Recent work on autonomous scientific discovery (Lu et al., 2024; Romera-Paredes et al., 2024; Panfilov et al., 2026) has shown that LLM agents can autonomously discover novel algorithms that outperform human-designed baselines, provided the target domain admits well-defined, quantitative evaluation signals. We ask whether this paradigm extends to complex, multi-component AI systems and answer affirmatively. We deploy AUTORESEARCHCLAW (Liu et al., 2026b), a 23-stage autonomous research pipeline, to discover OMNI-SIMPLEMEM, a unified multimodal memory framework for lifelong AI agents. Starting from a naïve baseline (F1 = 0.117 on LoCoMo), the pipeline autonomously executes ∼50 experiments across two benchmarks, iteratively diagnosing failure modes, proposing architectural modifications, repairing data pipeline bugs, and validating improvements, all without human intervention in the inner loop. The resulting system achieves state-of-the-art on both benchmarks, improving F1 by +411% on LoCoMo (0.117→0.598) and +214% on Mem-Gallery (0.254→0.797) relative to the initial configurations.

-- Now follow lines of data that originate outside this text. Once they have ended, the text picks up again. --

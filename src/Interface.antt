-- ===== src/Interface.antt =====
-- The calls that programs make on the heap, src/Escort.cpp and `pwrite` of src/Escort.hpp, by any
-- thread in any order, each call whole, while the checkpointing thread rests. `lv::ctx` of the calling
-- thread is null or the number of its context.
pub mod Regions
pub mod Marks
pub mod Rules
pub mod Working
pub mod Calls
pub mod Finalize
pub mod Restart
pub mod Roots
use escort.Prelude.{
  ℕ, suc, ◌+◌, ◌-◌, ◌*◌, ◌/◌, ◌%◌, ◌^◌, not, Option, none, some, List, [], ◌∷◌, length, ◌==◌,
  update, assert, ◌>>=◌, ◌>>◌,
}
use escort.Address.{cache_line_size}
use escort.Plog.{Cacheline, Memory}
use escort.World.{World}
use escort.RedoLog.{RedoLogs}
use escort.Userthread
use escort.Userthread.{mark}

-- A line with byte `j` replaced.
abbrev pub set_byte : ℕ → ℕ → Cacheline → Cacheline
set_byte j b v = v % 256 ^ j + b * 256 ^ j + v / 256 ^ suc j * 256 ^ suc j

-- `*addr = val`, for a `val` of these bytes.
abbrev pub assign : ℕ → List ℕ → Memory → Memory
assign addr [] dram = dram
assign addr (b ∷ bs) dram =
    let line = addr - addr % cache_line_size in
    assign (suc addr) bs (update dram line (set_byte (addr % cache_line_size) b (dram line)))

-- `lv::ctx`
abbrev pub Ctx : Type 0
Ctx = Option ℕ

pub data Call : Type 0 where
  begin_op_call : Call
  end_op_call : Call
  write_region_call : (addr size : ℕ) → Call
  pwrite_call : (addr : ℕ) (val : List ℕ) → Call

module _ (L : RedoLogs) where
  open L use {State}

  -- `begin_op`: no other thread moves, so that the loop has one round.
  unfoldable pub begin_op : ℕ → World State → Option (World State)
  begin_op i w = do
    assert (not (w.global_epoch == 0))
    some (record w { thread_epoch = update w.thread_epoch i w.global_epoch })

  unfoldable pub escort_begin_op : Ctx → World State → Option (World State)
  unfolding begin_op
  escort_begin_op ctx w = do i ← ctx; begin_op i w

  unfoldable pub escort_end_op : Ctx → World State → Option (World State)
  escort_end_op ctx w = do i ← ctx; Userthread.end_op L i w

  unfoldable pub escort_write_region : Ctx → ℕ → ℕ → World State → Option (World State)
  escort_write_region ctx addr size w = do i ← ctx; mark L i addr size w

  unfoldable pub pwrite : Ctx → ℕ → List ℕ → World State → Option (World State)
  pwrite ctx addr val w = do
    w' ← escort_write_region ctx addr (length val) w
    some (record w' { dram = assign addr val w'.dram })

  abbrev pub call : Ctx → Call → World State → Option (World State)
  call ctx begin_op_call w = escort_begin_op ctx w
  call ctx end_op_call w = escort_end_op ctx w
  call ctx (write_region_call addr size) w = escort_write_region ctx addr size w
  call ctx (pwrite_call addr val) w = pwrite ctx addr val w

  -- The calls of all threads, in the order in which they are made.
  abbrev pub run : List (Ctx × Call) → World State → Option (World State)
  run [] w = some w
  run ((ctx, c) ∷ rest) w = do w' ← call ctx c w; run rest w'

Critically, the most impactful discoveries are not hyperparameter adjustments: bug fixes (+175%), architectural changes (+44%), and prompt engineering (+188% on specific categories) each individually exceed the cumulative contribution of all hyperparameter tuning, demonstrating capabilities fundamentally beyond the reach of traditional AutoML.

Among the pipeline’s most consequential discoveries are three architectural principles that define OMNI-SIMPLEMEM. First, selective ingestion: lightweight perceptual encoders measure the information novelty of each incoming signal and discard redundant content before storage, significantly reducing storage requirements. Second, unified representation: all memories, regardless of modality, are represented as Multimodal Atomic Units (MAUs) that separate lightweight metadata from heavy raw data, enabling fast search over compact metadata while preserving full-content access on demand. Third, progressive retrieval: a pyramid mechanism expands information in three stages (summaries, details, raw evidence), each gated by a token budget, backed by a hybrid search strategy combining dense vector retrieval with sparse keyword matching via set-union merging, a strategy autonomously discovered by the pipeline. Our key observation is that multimodal memory is particularly well-suited for autonomous research pipelines due to four properties: immediate scalar evaluation metrics enabling tight optimization loops, modular architecture allowing isolated component modification, fast iteration cycles (1–2 hours per experiment) supporting dozens of hypotheses within days, and version-controlled code modifications allowing failed experiments to be cleanly reverted.